(Material to process):
────────────────────

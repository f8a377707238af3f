-- ===== src/Pager/Resume.antt =====
-- Where pages resume: `ProcessPage` and the border.
use pxc_anonymizer.Prelude.{
  ℕ, ◌<◌, ◌≡◌, ◌≢◌, refl, sym, ap, ◌∙◌, Bool, true, false, List, [], ◌∷◌, map, take, length,
  length-map, arith, All, Bool-cases, inl, inr,
}
use pxc_anonymizer.Prelude.Int.{ℤ, pos, ltb_ℤ, pos_part}
use pxc_anonymizer.Errors.{Err, Result, ok, err, Result-cases}
use pxc_anonymizer.Sql.{
  Value, Server, Ending, return_early, commit_and_return, after_commit, finish, in_tx,
}
use pxc_anonymizer.Checkpoint.{Key, Progress, loaded, load}
use pxc_anonymizer.Checkpoint.Cursor.{Formats}
use pxc_anonymizer.Checkpoint.RoundTrip.{IsLossless, IsKeyValue}
use pxc_anonymizer.Pager.{
  Row, row_of, last_key, advanced, update_page, finish_page, page_from, after_load, page_tx,
}
use pxc_anonymizer.Pager.Statements.{Table, select_sql, select_args}
use pxc_anonymizer.Pager.Storage.{Entry, View, IsStorage, selected}
use pxc_anonymizer.Pager.Updates.{Images}
use pxc_anonymizer.Pager.Rows.{IsKeyed, page_rows, update_page-Advance}
use pxc_anonymizer.Pager.Border.{
  IsBorder, IsBorder-done, IsBorder-Advance, IsBorder-exhausted, All-split,
}
use pxc_anonymizer.Pager.Page.{
  load_keeps, load_reads, save_writes, after_page, finish_page_steps, page_from_keeps,
  page_from_steps,
}

after_page-last_pk :
    (t : Table) (p : Progress) (rows : List Row)
    → (record (advanced p rows) { done = ltb_ℤ (pos (length rows)) t.page_size }).last_pk
      ≡ last_key p.last_pk rows
after_page-last_pk t p [] = refl
after_page-last_pk t p (row ∷ rows) = refl

short_page : (l : ℕ) (size : ℤ) → ltb_ℤ (pos l) size ≡ true → l < pos_part size
short_page l size h = ground arith

progress_injective : {p q : Progress} → ok q ≡ ok p → q ≡ p
progress_injective h = cc

module _ {C : Type 0} {S : Server C} {t : Table} {k : Key} {ignored : Entry → Bool}
    {committed pending : C → View} (L : IsStorage S t k ignored committed pending) (F : Formats)
    (lossless : IsLossless F) (transform : Row → Result (List Value)) (originals : List Entry)
    (shaped : All (IsKeyed (length t.primary_key)) originals)
    (keyed : All (λ e. All (IsKeyValue F) e.pk) originals) where
  -- The table is on its way from the original rows.
  abbrev Border : View → Type 0
  Border = IsBorder F k transform ignored originals

  finish_page-IsBorder :
      (p : Progress) (rows : List Row) (c : C) (x : Ending Progress) (b : Border (pending c))
      → loaded F k (pending c).saved ≡ ok p
      → rows
        ≡ page_rows (length t.primary_key) (take (pos_part t.page_size) (selected ignored b.left))
      → (finish_page S t transform F k p rows c).0 ≡ ok x
      → let v = pending (finish_page S t transform F k p rows c).1 in
        (q : Progress) × (x ≡ commit_and_return q)
        × Border v
        × (q.done ≡ true → Images transform ignored originals v.rows)
  finish_page-IsBorder p rows c x b loads page h =
      let (updated, saved, ending, same) = finish_page_steps L F transform p rows c x h in
      let c1 = (update_page S t transform rows c).1 in
      let (cursor, encoded, written) = save_writes L F c1 (after_page L F transform p rows) saved in
      let a =
        update_page-Advance L transform (length t.primary_key) (pos_part t.page_size) b.left
          b.written rows c (All-split _ b.gone b.left (rw b.original at shaped)).1 b.split page
          updated in
      (
        _,
        ending,
        rw (same, written)
            (IsBorder-Advance F k transform ignored originals lossless (length t.primary_key) keyed
              (pos_part t.page_size) rows (pending c) (pending c1) p
              (after_page L F transform p rows) cursor b loads page a (after_page-last_pk t p rows)
              (short_page (length rows) t.page_size) encoded),
        λ d.
            rw (same, written)
              (IsBorder-exhausted F k transform ignored originals (length t.primary_key)
                (pos_part t.page_size) (pending c) (pending c1) b a
                (rw (page, length-map, length-map) at (short_page (length rows) t.page_size d))),
      )

  page_from-IsBorder :
      (p : Progress) (c : C) (x : Ending Progress)
      → Border (pending c)
      → loaded F k (pending c).saved ≡ ok p
      → (page_from S t transform F k p c).0 ≡ ok x
      → let v = pending (page_from S t transform F k p c).1 in
        (q : Progress) × (x ≡ commit_and_return q)
        × Border v
        × (q.done ≡ true → Images transform ignored originals v.rows)
  page_from-IsBorder p c x b loads h =
      let (values, read, same) = page_from_steps L F transform p c x h in
      let c1 = (S.query c (select_sql t p.last_pk) (select_args t p.last_pk)).1 in
      let kept = (L.select_keeps c p.last_pk).1 in
      let b1 : Border (pending c1) = rw kept b in
      let loads1 : loaded F k (pending c1).saved ≡ ok p = rw kept loads in
      let rows = map (row_of (length t.primary_key)) values in
      let reads =
        L.select_reads c b1.written b1.left values (ap (λ (v : View). v.rows) (sym kept) ∙ b1.split)
          (rw (b1.resumes p loads1).0 at read) in
      rw same (
        finish_page-IsBorder p rows c1 x b1 loads1 (ap (map (row_of (length t.primary_key))) reads)
          (rw same at h))

  -- The outcome of a transaction: the border is kept, and a progress that says `done` tells the truth.
  abbrev Outcome : Result Progress × C → Type 0
  Outcome r =
      Border (committed r.1)
      × ((p : Progress)
          → r.0 ≡ ok p
          → p.done ≡ true
          → Images transform ignored originals (committed r.1).rows)

  commit-Outcome :
      (q : Progress) (c : C)
      → Border (committed c)
      → Border (pending c)
      → (q.done ≡ true → Images transform ignored originals (pending c).rows)
      → (r : Result (Unit {0})) → (S.commit c).0 ≡ r
      → Outcome (after_commit q (r, (S.commit c).1))
  commit-Outcome q c old new all (ok u) e =
      let durable = L.commit_durable c e in
      (rw durable new, λ p h d. rw durable (all (rw (progress_injective h) d)))
  commit-Outcome q c old new all (err x) e = elim (L.commit_atomic c) [
    | inl before ↦ (rw before old, λ p h d. absurd (cc))
    | inr after ↦ (rw after new, λ p h d. absurd (cc))
  ]

  -- The end of a transaction, from what its body left.
  finish-Outcome :
      (r : Result (Ending Progress)) (c : C)
      → Border (committed c)
      → ((p : Progress)
          → r ≡ ok (return_early p)
          → p.done ≡ true
          → Images transform ignored originals (committed c).rows)
      → ((q : Progress)
          → r ≡ ok (commit_and_return q)
          → Border (pending c)
            × (q.done ≡ true → Images transform ignored originals (pending c).rows))
      → Outcome (finish S (r, c))
  finish-Outcome (err x) c old early late =
      let kept = L.rollback_keeps c in (rw kept old, λ p h d. absurd (cc))
  finish-Outcome (ok (return_early q)) c old early late =
      let kept = L.rollback_keeps c in
      (rw kept old, λ p h d. rw kept (early q refl (rw (progress_injective h) d)))
  finish-Outcome (ok (commit_and_return q)) c old early late =
      let (new, all) = late q refl in commit-Outcome q c old new all (S.commit c).0 refl

  after_load_done :
      (p : Progress) (c : C)
      → p.done ≡ true
      → after_load S t transform F k p c ≡ (ok (return_early p), c)
  unfolding after_load
  after_load_done p c d = ground arith

  after_load_open :
      (p : Progress) (c : C)
      → p.done ≡ false
      → after_load S t transform F k p c ≡ page_from S t transform F k p c
  unfolding after_load
  after_load_open p c d = ground arith

  page_from_early :
      (p q : Progress) (c : C)
      → Border (pending c)
      → loaded F k (pending c).saved ≡ ok p
      → (page_from S t transform F k p c).0 ≢ ok (return_early q)
  page_from_early p q c b loads h =
      let (r, e, new, all) = page_from-IsBorder p c (return_early q) b loads h in absurd (cc)

  page_from_late :
      (p q : Progress) (c : C)
      → Border (pending c)
      → loaded F k (pending c).saved ≡ ok p
      → (page_from S t transform F k p c).0 ≡ ok (commit_and_return q)
      → let v = pending (page_from S t transform F k p c).1 in
        Border v × (q.done ≡ true → Images transform ignored originals v.rows)
  page_from_late p q c b loads h =
      let (r, e, new, all) = page_from-IsBorder p c (commit_and_return q) b loads h in
      let same : q ≡ r = cc in (new, λ d. all (rw same at d))

  -- The body of the transaction, after the load.
  body-Outcome :
      (p : Progress) (c : C)
      → Border (committed c)
      → Border (pending c)
      → loaded F k (pending c).saved ≡ ok p
      → pending c ≡ committed c
      → Outcome (finish S (after_load S t transform F k p c))
  body-Outcome p c old b loads same = elim (Bool-cases p.done) [
    | inl d ↦ rw (after_load_done p c d) (
        finish-Outcome (ok (return_early p)) c old
          (λ q h d'. IsBorder-done F k transform ignored originals p old (rw same at loads) d)
          (λ q h. absurd (cc)))
    | inr d ↦ rw (after_load_open p c d) (
        finish-Outcome (page_from S t transform F k p c).0 (page_from S t transform F k p c).1
          (rw (page_from_keeps L F transform p c) old)
          (λ q h d'. absurd (page_from_early p q c b loads h))
          (λ q h. page_from_late p q c b loads h))
  ]

  page_tx_no_begin :
      (c : C) (x : Err)
      → (S.begin_tx c).0 ≡ err x
      → page_tx S t transform F k c ≡ (err x, (S.begin_tx c).1)
  unfolding page_tx in_tx
  page_tx_no_begin c x h = ground arith

  page_tx_no_load :
      (c : C) (x : Err)
      → (S.begin_tx c).0 ≡ ok tt
      → (load F S k (S.begin_tx c).1).0 ≡ err x
      → page_tx S t transform F k c ≡ (err x, S.rollback (load F S k (S.begin_tx c).1).1)
  unfolding page_tx in_tx
  page_tx_no_load c x h e = ground arith

  page_tx_loaded :
      (c : C) (p : Progress)
      → (S.begin_tx c).0 ≡ ok tt
      → (load F S k (S.begin_tx c).1).0 ≡ ok p
      → page_tx S t transform F k c
        ≡ finish S (after_load S t transform F k p (load F S k (S.begin_tx c).1).1)
  unfolding page_tx in_tx
  page_tx_loaded c p h e = ground arith

  pub page_tx-Outcome : (c : C) → Border (committed c) → Outcome (page_tx S t transform F k c)
  page_tx-Outcome c b =
      let c1 = (S.begin_tx c).1 in
      let b1 : Border (committed c1) = rw (L.begin_keeps c) b in
      elim (Result-cases (S.begin_tx c).0) [
        | inr (x, e) ↦ rw (page_tx_no_begin c x e) (b1, λ p h d. absurd (cc))
        | inl (u, e) ↦
            let c2 = (load F S k c1).1 in
            let (kept, view) = load_keeps L F c1 in
            let b2 : Border (committed c2) = rw kept b1 in
            elim (Result-cases (load F S k c1).0) [
              | inr (x, l) ↦
                  rw (page_tx_no_load c x e l, L.rollback_keeps c2) (b2, λ p h d. absurd (cc))
              | inl (p, l) ↦
                  let same : pending c2 ≡ committed c2 =
                    view ∙ L.begin_opens c e ∙ sym (L.begin_keeps c) ∙ sym kept in
                  rw (page_tx_loaded c p e l)
                    (body-Outcome p c2 b2 (rw same b2) (rw view (load_reads L F c1 p l)) same)
            ]
      ]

────────────────────

(What you are asked to do): Go through the listing above. Show each line where the word "shaped" is found.

(Output for this task):
    (shaped : All (IsKeyed (length t.primary_key)) originals)
          b.written rows c (All-split _ b.gone b.left (rw b.original at shaped)).1 b.split page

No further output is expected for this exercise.